Los jueces y el descalabro anunciado

Ha quedado como un enunciado lírico la garantía constitucional que se ofrece al ciudadano y la ciudadana para que ejerzan el derecho al debido proceso, a la defensa y a una justicia plural, pronta, oportuna, gratuita, transparente y sin dilaciones (art. 115, parágrafo II, CPE), y estas características que deberían dar lustre a la justicia boliviana se han alejado totalmente de los marcos de la racionalidad en la semana que termina. La mora judicial aberrante tiene como muestra el caso de los familiares de las víctimas de Octubre Negro, que se declararon en vigilia exigiendo una sentencia contra los acusados. Ellos denunciaron “una estrategia de dilación”, porque el presidente del Tribunal ha renunciado para postularse a elecciones judiciales, además que la Corte Suprema debe ingresar en vacación anual, lo cual también aplazaría aún más el proceso. Otra muestra de la sospecha permanente que pesa sobre los magistrados se dio cuando este alto magistrado tuvo que explicar su desvinculación total del hecho criminoso que envolvió a su sobrina política luego de cuatro días de estar desaparecida, sin que se haya aclarado, hasta ahora, si se trató de un secuestro o un ajuste de cuentas entre narcotraficantes.

Ha servido de mucho la aclaración que realizó el alto magistrado, pero no ha quedado duda alguna que el Órgano Judicial está fuertemente penetrado por los clanes delictivos, después de saberse que el viernes pasado una jueza fue enviada a la cárcel de La Paz acusada por montar, desde su oficina judicial, bandas de asaltantes y atracadores internacionales que la Policía había desarticulado con un alto costo y mucho esfuerzo. Estas circunstancias malsanas se multiplican y complican dentro del Órgano Judicial también debido a las luchas domésticas que libran cada día sus operadores,  como fue aquel espectáculo que han provocado jueces y fiscales en la ciudad de Cochabamba, a raíz de una solicitud para que se congelen las cuentas bancarias y confisquen otros bienes de un conocido clan acusado del delito de enriquecimiento ilícito con dinero del narcotráfico. La jueza del caso se excusó para atender ese proceso, denunciando a su vez manipulaciones de los fiscales que están dirigidas a lograr su destitución.

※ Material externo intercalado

-- ===== src/ExternalIds/Fst.antt =====
-- The interface of the library of ordered maps that the external ids are kept in. The library is
-- not part of the repository: its operations are a parameter, and the laws are what its
-- documentation says and the code relies on.
use milli.Base.{
  ℕ, Bool, true, false, List, [], ◌∷◌, Option, none, some, All, if◌then◌else◌, ◌≡◌, ◌↔◌,
}

-- `IndexedValue`: the number of the map in the union, and its value.
pub record IndexedValue : Type 0 where
  pub index : ℕ
  pub value : ℕ

-- The values that a union of two maps gives for a key, in any order.
pub data Indexed : Option ℕ → Option ℕ → Option (List IndexedValue) → Type 0 where
  neither : Indexed none none none
  only_first : (u : ℕ) → Indexed (some u) none (some (record { index = 0; value = u } ∷ []))
  only_second : (v : ℕ) → Indexed none (some v) (some (record { index = 1; value = v } ∷ []))
  both :
      (u v : ℕ)
      → Indexed
          (some u)
          (some v)
          (some (record { index = 0; value = u } ∷ record { index = 1; value = v } ∷ []))
  both_swapped :
      (u v : ℕ)
      → Indexed
          (some u)
          (some v)
          (some (record { index = 1; value = v } ∷ record { index = 0; value = u } ∷ []))

-- Keys are byte strings, which the library compares; `build` is a `MapBuilder` that all entries are
-- inserted in, with `into_map`, and `union` what the stream of `a.op().add(b).union()` gives.
pub record FstLib : Type 1 where
  pub Key : Type 0
  pub key_eq : Key → Key → Bool
  pub key_lt : Key → Key → Bool
  pub Map : Type 0
  pub default : Map
  pub get : Key → Map → Option ℕ
  pub len : Map → ℕ
  pub is_empty : Map → Bool
  pub union : Map → Map → List (Key × List IndexedValue)
  pub build : List (Key × ℕ) → Option Map

module _ (fst : FstLib) where
  open fst use {Key, key_eq, key_lt}

  unfoldable pub lookup {ℓ} : {V : Type ℓ} → Key → List (Key × V) → Option V
  lookup key [] = none
  lookup key ((other, value) ∷ more) = if key_eq key other then some value else lookup key more

  -- The keys are in increasing order.
  abbrev pub IsIncreasing {ℓ} : {V : Type ℓ} → List (Key × V) → Type 0
  IsIncreasing [] = Unit
  IsIncreasing ((key, value) ∷ more) = All (λ e. key_lt key e.0 ≡ true) more × IsIncreasing more

pub record IsFst (fst : FstLib) : Type 0 where
  pub key_eq_iff : (j k : fst.Key) → (fst.key_eq j k ≡ true) ↔ (j ≡ k)
  pub key_lt_irrefl : (k : fst.Key) → fst.key_lt k k ≡ false
  pub get-default : (k : fst.Key) → fst.get k fst.default ≡ none
  pub is_empty_iff : (m : fst.Map) → (fst.is_empty m ≡ true) ↔ ((k : fst.Key) → fst.get k m ≡ none)
  pub union-IsIncreasing : (a b : fst.Map) → IsIncreasing fst (fst.union a b)
  pub lookup-union :
      (a b : fst.Map) (k : fst.Key)
      → Indexed (fst.get k a) (fst.get k b) (lookup fst k (fst.union a b))
  -- A builder fails only on a key that is not above the one before it.
  pub get-build :
      (entries : List (fst.Key × ℕ))
      → IsIncreasing fst entries
      → (m : fst.Map) × (fst.build entries ≡ some m)
        × ((k : fst.Key) → fst.get k m ≡ lookup fst k entries)
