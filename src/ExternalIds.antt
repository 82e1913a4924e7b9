-- ===== src/ExternalIds.antt =====
-- The ids that documents have outside the index (milli/src/external_documents_ids.rs).
pub mod Fst
pub mod Union
pub mod Updates
mod Examples
use milli.Base.{
  ℕ, ◌+◌, ◌-◌, ◌*◌, ◌/◌, ◌^◌, Bool, true, false, not, ◌&&◌, List, [], ◌∷◌, Option, none, some, any,
  leb, ltb, ◌==◌, if◌then◌else◌,
}
use milli.Base.Results.{Result, ok, err, ◌>>=◌}
use Fst.{FstLib, IndexedValue}

abbrev pub deleted_id : ℕ
deleted_id = 2 ^ 64 - 1

-- An error of the map library, or an `unwrap` that fails.
pub data Failure : Type 0 where
  fst_error : Failure
  panic : Failure

unfoldable pub unwrap : {A : Type 0} → Failure → Option A → Result Failure A
unwrap failure (some a) = ok a
unwrap failure none = err failure

abbrev pub or_else : Option ℕ → Option ℕ → Option ℕ
or_else (some a) other = some a
or_else none other = other

-- `max_by_key`, which of equal keys takes the last.
unfoldable pub max_by_index : IndexedValue → List IndexedValue → IndexedValue
max_by_index best [] = best
max_by_index best (iv ∷ more) = max_by_index (if leb best.index iv.index then iv else best) more

unfoldable pub indexed_last_value : List IndexedValue → Option ℕ
unfolding max_by_index
indexed_last_value [] = none
indexed_last_value (iv ∷ more) = some (max_by_index iv more).value

unfoldable pub find_index : ℕ → List IndexedValue → Option ℕ
find_index i [] = none
find_index i (iv ∷ more) = if iv.index == i then some iv.value else find_index i more

-- The entry of the new soft map in the loop of `delete_ids`.
unfoldable pub mark_deleted : List IndexedValue → Option ℕ
unfolding find_index
mark_deleted docids =
    if any (λ v. v.index == 1) docids then some deleted_id else find_index 0 docids

-- `try_into` from u64 to u32, unwrapped.
unfoldable pub as_u32 : ℕ → Result Failure (Option ℕ)
as_u32 id = if ltb id (2 ^ 32) then ok (some id) else err panic

unfoldable pub live_id : Option ℕ → Result Failure (Option ℕ)
unfolding as_u32
live_id none = ok none
live_id (some id) = if id == deleted_id then ok none else as_u32 id

module _ (fst : FstLib) where
  open fst use {Key, Map, default, len, union, build}

  pub record ExternalDocumentsIds : Type 0 where
    pub hard : Map
    pub soft : Map

  unfoldable pub is_empty : ExternalDocumentsIds → Bool
  is_empty ids = fst.is_empty ids.hard && fst.is_empty ids.soft

  unfoldable pub get : Key → ExternalDocumentsIds → Result Failure (Option ℕ)
  unfolding live_id
  get external_id ids =
      live_id (or_else (fst.get external_id ids.soft) (fst.get external_id ids.hard))

  -- A loop over a union that gives each key one value.
  unfoldable pub values :
      (List IndexedValue → Option ℕ)
      → List (Key × List IndexedValue)
      → Result Failure (List (Key × ℕ))
  unfolding unwrap
  values value [] = ok []
  values value ((external_id, docids) ∷ more) = do
    id ← unwrap panic (value docids)
    rest ← values value more
    ok ((external_id, id) ∷ rest)

  -- The entries that are not marked as deleted.
  unfoldable pub live : List (Key × ℕ) → List (Key × ℕ)
  live [] = []
  live ((external_id, id) ∷ more) =
      let rest = live more in if id == deleted_id then rest else (external_id, id) ∷ rest

  unfoldable pub merge_soft_into_hard : ExternalDocumentsIds → Result Failure ExternalDocumentsIds
  unfolding unwrap values indexed_last_value live
  merge_soft_into_hard ids = elim (leb (len ids.hard / 2) (len ids.soft)) [
    | true ↦ do
      entries ← values indexed_last_value (union ids.hard ids.soft)
      hard ← unwrap fst_error (build (live entries))
      ok (record { hard = hard; soft = default })
    | false ↦ ok ids
  ]

  -- What `delete_ids` and `insert_ids` share: the new soft map from its union with another.
  unfoldable pub update_soft :
      (List IndexedValue → Option ℕ)
      → Map
      → ExternalDocumentsIds
      → Result Failure ExternalDocumentsIds
  unfolding unwrap values merge_soft_into_hard
  update_soft value other ids = do
    entries ← values value (union ids.soft other)
    soft ← unwrap fst_error (build entries)
    merge_soft_into_hard (record { hard = ids.hard; soft = soft })

  -- The set that is deleted is the map of its keys.
  unfoldable pub delete_ids : Map → ExternalDocumentsIds → Result Failure ExternalDocumentsIds
  unfolding update_soft mark_deleted
  delete_ids other ids = update_soft mark_deleted other ids

  unfoldable pub insert_ids : Map → ExternalDocumentsIds → Result Failure ExternalDocumentsIds
  unfolding update_soft indexed_last_value
  insert_ids other ids = update_soft indexed_last_value other ids
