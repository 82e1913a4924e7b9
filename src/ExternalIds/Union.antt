-- ===== src/ExternalIds/Union.antt =====
-- What the loops over a union of two maps give for each key.
use milli.Base.{
  ℕ, true, false, List, [], ◌∷◌, Option, none, some, All, ◌==◌, if◌then◌else◌, ◌≡◌, refl, sym, ap,
  ◌∙◌, arith, Bool-cases, inl, inr, ◌⊎◌, subst,
}
use milli.Base.Results.{ok}
use milli.ExternalIds.Fst.{FstLib, IsFst, IndexedValue, Indexed, lookup, IsIncreasing}
use milli.ExternalIds.{
  deleted_id, unwrap, max_by_index, indexed_last_value, find_index, mark_deleted, or_else, values,
  live,
}

-- The value for a key of the union, when it has one.
abbrev pub value_of : (List IndexedValue → Option ℕ) → Option (List IndexedValue) → Option ℕ
value_of value none = none
value_of value (some docids) = value docids

-- The second map's value, else the first's.
pub indexed_last_value_lem :
    {a b : Option ℕ} {o : Option (List IndexedValue)}
    → Indexed a b o
    → value_of indexed_last_value o ≡ or_else b a
unfolding indexed_last_value max_by_index
indexed_last_value_lem Indexed.neither = refl
indexed_last_value_lem (Indexed.only_first u) = refl
indexed_last_value_lem (Indexed.only_second v) = refl
indexed_last_value_lem (Indexed.both u v) = refl
indexed_last_value_lem (Indexed.both_swapped u v) = refl

-- The mark where the second map has the key, else the first map's value.
abbrev pub marked : Option ℕ → Option ℕ → Option ℕ
marked a (some v) = some deleted_id
marked a none = a

pub mark_deleted_lem :
    {a b : Option ℕ} {o : Option (List IndexedValue)}
    → Indexed a b o
    → value_of mark_deleted o ≡ marked a b
unfolding mark_deleted find_index
mark_deleted_lem Indexed.neither = refl
mark_deleted_lem (Indexed.only_first u) = refl
mark_deleted_lem (Indexed.only_second v) = refl
mark_deleted_lem (Indexed.both u v) = refl
mark_deleted_lem (Indexed.both_swapped u v) = refl

-- A value that every key of a union has.
abbrev pub Total : (List IndexedValue → Option ℕ) → Option (List IndexedValue) → Type 0
Total value none = Unit
Total value (some docids) = (id : ℕ) × (value docids ≡ some id)

pub indexed_last_value-Total :
    {a b : Option ℕ} {o : Option (List IndexedValue)} → Indexed a b o → Total indexed_last_value o
unfolding indexed_last_value max_by_index
indexed_last_value-Total Indexed.neither = tt
indexed_last_value-Total (Indexed.only_first u) = (u, refl)
indexed_last_value-Total (Indexed.only_second v) = (v, refl)
indexed_last_value-Total (Indexed.both u v) = (v, refl)
indexed_last_value-Total (Indexed.both_swapped u v) = (v, refl)

pub mark_deleted-Total :
    {a b : Option ℕ} {o : Option (List IndexedValue)} → Indexed a b o → Total mark_deleted o
unfolding mark_deleted find_index
mark_deleted-Total Indexed.neither = tt
mark_deleted-Total (Indexed.only_first u) = (u, refl)
mark_deleted-Total (Indexed.only_second v) = (deleted_id, refl)
mark_deleted-Total (Indexed.both u v) = (deleted_id, refl)
mark_deleted-Total (Indexed.both_swapped u v) = (deleted_id, refl)

module _ (fst : FstLib) (laws : IsFst fst) where
  open fst use {Key, key_eq, key_lt}

  abbrev Above {ℓ} : {V : Type ℓ} → Key → List (Key × V) → Type 0
  Above k entries = All (λ e. key_lt k e.0 ≡ true) entries

  lookup-Above {ℓ} :
      {V : Type ℓ} (k : Key) (entries : List (Key × V))
      → Above k entries
      → lookup fst k entries ≡ none
  unfolding lookup
  lookup-Above k [] a = refl
  lookup-Above k ((j, v) ∷ more) a = elim (Bool-cases (key_eq k j)) [
    | inl same ↦
        let at_j : k ≡ j = (laws.key_eq_iff k j).0 same in
        let self : key_lt k k ≡ true = subst (λ i. key_lt k i ≡ true) (sym at_j) a.0 in
        let never : key_lt k k ≡ false = laws.key_lt_irrefl k in cc
    | inr other ↦ rw other (lookup-Above k more a.1)
  ]

  -- A key that is found behind the first entry is found in the whole.
  lookup-behind {ℓ} :
      {V : Type ℓ} (j k : Key) (v : V) (entries : List (Key × V))
      → Above j entries
      → (lookup fst k ((j, v) ∷ entries) ≡ lookup fst k entries) ⊎ (lookup fst k entries ≡ none)
  unfolding lookup
  lookup-behind j k v entries a = elim (Bool-cases (key_eq k j)) [
    | inl same ↦
        let at_j : k ≡ j = (laws.key_eq_iff k j).0 same in
        inr (subst (λ i. lookup fst i entries ≡ none) (sym at_j) (lookup-Above j entries a))
    | inr other ↦ inl (rw other refl)
  ]

  lookup-here {ℓ} :
      {V : Type ℓ} (k : Key) (v : V) (entries : List (Key × V))
      → lookup fst k ((k, v) ∷ entries) ≡ some v
  unfolding lookup
  lookup-here k v entries =
      let same : key_eq k k ≡ true = (laws.key_eq_iff k k).1 refl in rw same refl

  Total-behind :
      (value : List IndexedValue → Option ℕ) (j k : Key) (docids : List IndexedValue)
      (entries : List (Key × List IndexedValue))
      → Above j entries
      → Total value (lookup fst k ((j, docids) ∷ entries))
      → Total value (lookup fst k entries)
  Total-behind value j k docids entries a t = elim (lookup-behind j k docids entries a) [
    | inl same ↦ subst (Total value) same t
    | inr gone ↦ subst (Total value) (sym gone) tt
  ]

  -- The entries that a loop over the union makes.
  abbrev pub Valued :
      (List IndexedValue → Option ℕ) → List (Key × List IndexedValue) → List (Key × ℕ) → Type 0
  Valued value stream entries =
      (values fst value stream ≡ ok entries)
      × IsIncreasing fst entries
      × ((j : Key) → Above j stream → Above j entries)
      × ((k : Key) → lookup fst k entries ≡ value_of value (lookup fst k stream))

  pub values_lem :
      (value : List IndexedValue → Option ℕ) (stream : List (Key × List IndexedValue))
      → IsIncreasing fst stream
      → ((k : Key) → Total value (lookup fst k stream))
      → (entries : List (Key × ℕ)) × Valued value stream entries
  unfolding values lookup unwrap
  values_lem value [] up total = ([], (refl, tt, (λ j a. tt), λ k. refl))
  values_lem value ((key, docids) ∷ more) up total =
      let (id, e) = subst (Total value) (lookup-here key docids more) (total key) in
      let (entries, (made, up', keep, same)) =
        values_lem value more up.1 (λ k. Total-behind value key k docids more up.0 (total k)) in
      (
        (key, id) ∷ entries,
        (
          values_step key docids more id entries e made,
          (keep key up.0, up'),
          (λ j a. (a.0, keep j a.1)),
          λ k. elim (Bool-cases (key_eq k key)) [
            | inl here ↦ rw here (sym e)
            | inr other ↦ rw other (same k)
          ],
        ),
      )
    where
      values_step :
          (key : Key) (docids : List IndexedValue) (more : List (Key × List IndexedValue)) (id : ℕ)
          (entries : List (Key × ℕ))
          → value docids ≡ some id
          → values fst value more ≡ ok entries
          → values fst value ((key, docids) ∷ more) ≡ ok ((key, id) ∷ entries)
      values_step key docids more id entries e made = rw e (rw made refl)

  -- A value that is not the mark.
  abbrev pub unmarked : Option ℕ → Option ℕ
  unmarked none = none
  unmarked (some id) = if id == deleted_id then none else some id

  Above-live : (j : Key) (entries : List (Key × ℕ)) → Above j entries → Above j (live fst entries)
  unfolding live
  Above-live j [] a = tt
  Above-live j ((k, id) ∷ more) a = ground (arith, Above-live j more a.1)

  pub live-IsIncreasing :
      (entries : List (Key × ℕ)) → IsIncreasing fst entries → IsIncreasing fst (live fst entries)
  unfolding live
  live-IsIncreasing [] up = tt
  live-IsIncreasing ((k, id) ∷ more) up =
      ground (arith, live-IsIncreasing more up.1, Above-live k more up.0)

  pub lookup-live :
      (entries : List (Key × ℕ)) (k : Key)
      → IsIncreasing fst entries
      → lookup fst k (live fst entries) ≡ unmarked (lookup fst k entries)
  unfolding live lookup
  lookup-live [] k up = refl
  lookup-live ((j, id) ∷ more) k up = elim (Bool-cases (key_eq k j)) [
    | inl same ↦
        let at_j : k ≡ j = (laws.key_eq_iff k j).0 same in
        let gone : lookup fst k more ≡ none =
          subst (λ i. lookup fst i more ≡ none) (sym at_j) (lookup-Above j more up.0) in
        elim (Bool-cases (id == deleted_id)) [
          | inl mark ↦ rw (mark, same) (rw mark (lookup-live more k up.1 ∙ ap unmarked gone))
          | inr kept ↦ rw (kept, same) (rw kept refl)
        ]
    | inr other ↦ elim (Bool-cases (id == deleted_id)) [
      | inl mark ↦ rw (mark, other) (lookup-live more k up.1)
      | inr kept ↦ rw (kept, other) (lookup-live more k up.1)
    ]
  ]
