-- ===== src/ExternalIds/Updates.antt =====
-- What deletions and insertions make of the id that a document has.
use milli.Base.{
  ℕ, ◌/◌, ◌^◌, ◌<◌, true, List, Option, none, some, leb, ◌≡◌, refl, sym, ap, ◌∙◌, arith, Bool-cases,
  inl, inr, ◌⊎◌, subst,
}
use milli.Base.Results.{Result, ok}
use milli.ExternalIds.Fst.{FstLib, IsFst, IndexedValue, Indexed}
use milli.ExternalIds.{
  deleted_id, Failure, unwrap, indexed_last_value, mark_deleted, or_else, values, live, as_u32,
  live_id, ExternalDocumentsIds, is_empty, get, merge_soft_into_hard, update_soft, delete_ids,
  insert_ids,
}
use milli.ExternalIds.Union.{
  value_of, indexed_last_value_lem, marked, mark_deleted_lem, Total, indexed_last_value-Total,
  mark_deleted-Total, values_lem, unmarked, live-IsIncreasing, lookup-live,
}

-- No value, or one of 32 bits.
abbrev pub Fits : Option ℕ → Type 0
Fits none = Unit
Fits (some id) = id < 2 ^ 32

-- No value, one of 32 bits, or the mark of a deleted id.
abbrev pub Allowed : Option ℕ → Type 0
Allowed none = Unit
Allowed (some id) = (id < 2 ^ 32) ⊎ (id ≡ deleted_id)

module _ (fst : FstLib) (laws : IsFst fst) where
  open fst use {Key, Map, default, len, union, build}

  pub record IsValid (ids : ExternalDocumentsIds fst) : Type 0 where
    pub hard_fits : (k : Key) → Fits (fst.get k ids.hard)
    pub soft_allowed : (k : Key) → Allowed (fst.get k ids.soft)

  -- The id that counts: that of the soft map, else that of the hard one, when it is not deleted.
  abbrev pub current : Key → ExternalDocumentsIds fst → Option ℕ
  current k ids = unmarked fst laws (or_else (fst.get k ids.soft) (fst.get k ids.hard))

  live_id_lem :
      (a b : Option ℕ)
      → Allowed a
      → Fits b
      → live_id (or_else a b) ≡ ok (unmarked fst laws (or_else a b))
  unfolding live_id as_u32
  live_id_lem none none h g = refl
  live_id_lem none (some id) h g = ground arith
  live_id_lem (some id) b h g = ground arith

  get_lem :
      (k : Key) (ids : ExternalDocumentsIds fst) → IsValid ids → get fst k ids ≡ ok (current k ids)
  unfolding get
  get_lem k ids v =
      live_id_lem (fst.get k ids.soft) (fst.get k ids.hard) (v.soft_allowed k) (v.hard_fits k)

  unmarked-or_else-Fits :
      (a b : Option ℕ) → Allowed a → Fits b → Fits (unmarked fst laws (or_else a b))
  unmarked-or_else-Fits none none h g = tt
  unmarked-or_else-Fits none (some id) h g = ground arith
  unmarked-or_else-Fits (some id) b h g = ground arith

  unmarked-unmarked : (a : Option ℕ) → unmarked fst laws (unmarked fst laws a) ≡ unmarked fst laws a
  unmarked-unmarked none = refl
  unmarked-unmarked (some id) = ground arith

  -- The operation succeeds, the ids are valid after it, and each key has the given id.
  abbrev pub Gives : Result Failure (ExternalDocumentsIds fst) → (Key → Option ℕ) → Type 0
  Gives result held =
      (ids' : ExternalDocumentsIds fst) × (result ≡ ok ids')
      × IsValid ids'
      × ((k : Key) → current k ids' ≡ held k)

  hard-IsValid :
      (hard : Map)
      → ((k : Key) → Fits (fst.get k hard))
      → IsValid (record { hard = hard; soft = default })
  hard-IsValid hard fits = record {
    hard_fits = fits;
    soft_allowed = λ k. subst Allowed (sym (laws.get-default k)) tt;
  }

  merged :
      (ids : ExternalDocumentsIds fst) (entries : List (Key × ℕ)) (hard : Map)
      → leb (len ids.hard / 2) (len ids.soft) ≡ true
      → values fst indexed_last_value (union ids.hard ids.soft) ≡ ok entries
      → build (live fst entries) ≡ some hard
      → merge_soft_into_hard fst ids ≡ ok (record { hard = hard; soft = default })
  unfolding merge_soft_into_hard unwrap
  merged ids entries hard many made built =
      rw (many, merge_soft_into_hard) (rw made (rw built refl))

  -- Whether or not the soft map is merged, each key keeps its id.
  merge_soft_into_hard_lem :
      (ids : ExternalDocumentsIds fst)
      → IsValid ids
      → Gives (merge_soft_into_hard fst ids) (λ k. current k ids)
  unfolding merge_soft_into_hard unwrap
  merge_soft_into_hard_lem ids v = elim (Bool-cases (leb (len ids.hard / 2) (len ids.soft))) [
    | inr few ↦ (ids, rw (few, merge_soft_into_hard) refl, v, λ k. refl)
    | inl many ↦
        let found = laws.lookup-union ids.hard ids.soft in
        let (entries, (made, up, keep, same)) =
          values_lem fst laws indexed_last_value (union ids.hard ids.soft)
            (laws.union-IsIncreasing ids.hard ids.soft) (λ k. indexed_last_value-Total (found k)) in
        let (hard, built, held) =
          laws.get-build (live fst entries) (live-IsIncreasing fst laws entries up) in
        let get_hard : (k : Key) → fst.get k hard ≡ current k ids = λ k.
          held k
          ∙ lookup-live fst laws entries k up
          ∙ ap (unmarked fst laws) (same k ∙ indexed_last_value_lem (found k)) in
        (
          record { hard = hard; soft = default },
          merged ids entries hard many made built,
          hard-IsValid hard (λ k. subst Fits (sym (get_hard k)) (
              unmarked-or_else-Fits (fst.get k ids.soft) (fst.get k ids.hard) (v.soft_allowed k)
                (v.hard_fits k))),
          λ k. rw (laws.get-default k) (
              rw (get_hard k)
                (unmarked-unmarked (or_else (fst.get k ids.soft) (fst.get k ids.hard)))),
        )
  ]

  -- A union of the soft map with another that gives each key the value that `pick` makes of the two.
  update_soft_lem :
      (value : List IndexedValue → Option ℕ) (pick : Option ℕ → Option ℕ → Option ℕ) (other : Map)
      (ids : ExternalDocumentsIds fst)
      → ((a b : Option ℕ) (o : Option (List IndexedValue))
          → Indexed a b o
          → value_of value o ≡ pick a b)
      → ((a b : Option ℕ) (o : Option (List IndexedValue)) → Indexed a b o → Total value o)
      → ((k : Key) → Allowed (pick (fst.get k ids.soft) (fst.get k other)))
      → IsValid ids
      → Gives (update_soft fst value other ids) (λ k.
        unmarked fst laws
          (or_else (pick (fst.get k ids.soft) (fst.get k other)) (fst.get k ids.hard)))
  unfolding update_soft unwrap
  update_soft_lem value pick other ids picked total allowed v =
      let found = laws.lookup-union ids.soft other in
      let (entries, (made, up, keep, same)) =
        values_lem fst laws value (union ids.soft other) (laws.union-IsIncreasing ids.soft other)
          (λ k. total _ _ _ (found k)) in
      let (soft, built, held) = laws.get-build entries up in
      let get_soft : (k : Key) → fst.get k soft ≡ pick (fst.get k ids.soft) (fst.get k other) =
        λ k. held k ∙ same k ∙ picked _ _ _ (found k) in
      let after : ExternalDocumentsIds fst = record { hard = ids.hard; soft = soft } in
      let (ids', merged, valid, kept) = merge_soft_into_hard_lem after (record {
        hard_fits = v.hard_fits;
        soft_allowed = λ k. subst Allowed (sym (get_soft k)) (allowed k);
      }) in
      (
        ids',
        rw made (rw built merged),
        valid,
        λ k. kept k ∙ ap (λ s. unmarked fst laws (or_else s (fst.get k ids.hard))) (get_soft k),
      )

  marked-Allowed : (a b : Option ℕ) → Allowed a → Allowed (marked a b)
  marked-Allowed a (some v) h = inr refl
  marked-Allowed a none h = h

  or_else-Allowed : (a b : Option ℕ) → Allowed a → Fits b → Allowed (or_else b a)
  or_else-Allowed a none h g = h
  or_else-Allowed a (some id) h g = inl g

  -- What is left of an id when the keys of a set are deleted.
  abbrev pub without : Option ℕ → Option ℕ → Option ℕ
  without none id = id
  without (some v) id = none

  unmarked-marked :
      (a b hard : Option ℕ)
      → unmarked fst laws (or_else (marked a b) hard)
        ≡ without b (unmarked fst laws (or_else a hard))
  unmarked-marked a none hard = refl
  unmarked-marked a (some v) hard = refl

  unmarked-or_else :
      (a b hard : Option ℕ)
      → Fits b
      → unmarked fst laws (or_else (or_else b a) hard)
        ≡ or_else b (unmarked fst laws (or_else a hard))
  unmarked-or_else a none hard g = refl
  unmarked-or_else a (some id) hard g = ground arith

  Gives-same :
      {result : Result Failure (ExternalDocumentsIds fst)} (held given : Key → Option ℕ)
      → Gives result held
      → ((k : Key) → held k ≡ given k)
      → (ids' : ExternalDocumentsIds fst) × (result ≡ ok ids')
        × IsValid ids'
        × ((k : Key) → get fst k ids' ≡ ok (given k))
  Gives-same held given (ids', e, v, at) same =
      (ids', e, v, λ k. get_lem k ids' v ∙ ap ok (at k ∙ same k))

  -- A deletion of any set of keys from valid ids succeeds and gives valid ids, in which the deleted
  -- keys have no id and the others have the id they had, and no look-up panics.
  pub get-delete_ids :
      (other : Map) (ids : ExternalDocumentsIds fst)
      → IsValid ids
      → (ids' : ExternalDocumentsIds fst) × (delete_ids fst other ids ≡ ok ids')
        × IsValid ids'
        × ((k : Key) → get fst k ids' ≡ ok (without (fst.get k other) (current k ids)))
  unfolding delete_ids
  get-delete_ids other ids v =
      Gives-same _ (λ k. without (fst.get k other) (current k ids))
        (update_soft_lem mark_deleted marked other ids (λ a b o. mark_deleted_lem)
          (λ a b o. mark_deleted-Total)
          (λ k. marked-Allowed (fst.get k ids.soft) (fst.get k other) (v.soft_allowed k)) v)
        (λ k. unmarked-marked (fst.get k ids.soft) (fst.get k other) (fst.get k ids.hard))

  -- An insertion of a map whose values have 32 bits into valid ids succeeds and gives valid ids, in
  -- which the keys of the map have the id of the map and the others the id they had, and no look-up
  -- panics.
  pub get-insert_ids :
      (other : Map) (ids : ExternalDocumentsIds fst)
      → IsValid ids
      → ((k : Key) → Fits (fst.get k other))
      → (ids' : ExternalDocumentsIds fst) × (insert_ids fst other ids ≡ ok ids')
        × IsValid ids'
        × ((k : Key) → get fst k ids' ≡ ok (or_else (fst.get k other) (current k ids)))
  unfolding insert_ids
  get-insert_ids other ids v fits =
      Gives-same _ (λ k. or_else (fst.get k other) (current k ids))
        (update_soft_lem indexed_last_value (λ a b. or_else b a) other ids
          (λ a b o. indexed_last_value_lem) (λ a b o. indexed_last_value-Total)
          (λ k. or_else-Allowed (fst.get k ids.soft) (fst.get k other) (v.soft_allowed k) (fits k))
          v)
        (λ k. unmarked-or_else (fst.get k ids.soft) (fst.get k other) (fst.get k ids.hard) (fits k))

  -- Ids that are empty give no key an id.
  pub get-is_empty :
      (ids : ExternalDocumentsIds fst) (k : Key) → is_empty fst ids ≡ true → get fst k ids ≡ ok none
  unfolding get is_empty live_id
  get-is_empty ids k e =
      let hard : fst.get k ids.hard ≡ none = (laws.is_empty_iff ids.hard).0 (ground arith) k in
      let soft : fst.get k ids.soft ≡ none = (laws.is_empty_iff ids.soft).0 (ground arith) k in
      rw soft (rw hard refl)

Con todas estas muestras y otros escándalos irremediables, ya no queda duda que el Órgano Judicial está pasando por el peor momento de su historia. Existen dilaciones procesales absolutamente inexplicables, la mora judicial ya es insostenible, así como es insoportable el adormecimiento de la justicia como efecto de la presencia de aviesos delincuentes, dentro y fuera de lo judicial, y esas luchas intestinas que dicen mal de los profesionales. Lo peor de todo es que las elecciones de magistrados no solucionarán en absoluto este profundo desastre que aqueja al Órgano Judicial. Sólo basta confirmar que los postulantes a autoridades judiciales no han demostrado la suficiente preparación académica y menos los asambleístas que los entrevistan han definido los criterios técnicos para apreciar a los candidatos en su real valía.

Todo parece indicar que sólo el voto popular ayudará a designar unos magistrados insignificantes que simplemente sean la boca que pronuncie o repita mecánicamente la letra muerta de la ley, siempre ajustada al desengaño. La mediocridad que contagia a la mayoría de los candidatos ha definido el perfil de los futuros operadores de justicia que solo sabrán o manejarán las normas legales en la sombra del anonimato, como si fueran autómatas vigilados para socorrer lo autoritario y lo criminal. El Órgano Judicial está en caída libre y precisamente el lunes 7 de octubre próximo veremos cómo se estrella con la inclemente realidad. Esta es la crónica de una desilusión anunciada, entretanto el país entero se asfixia en medio de la ruina judicial.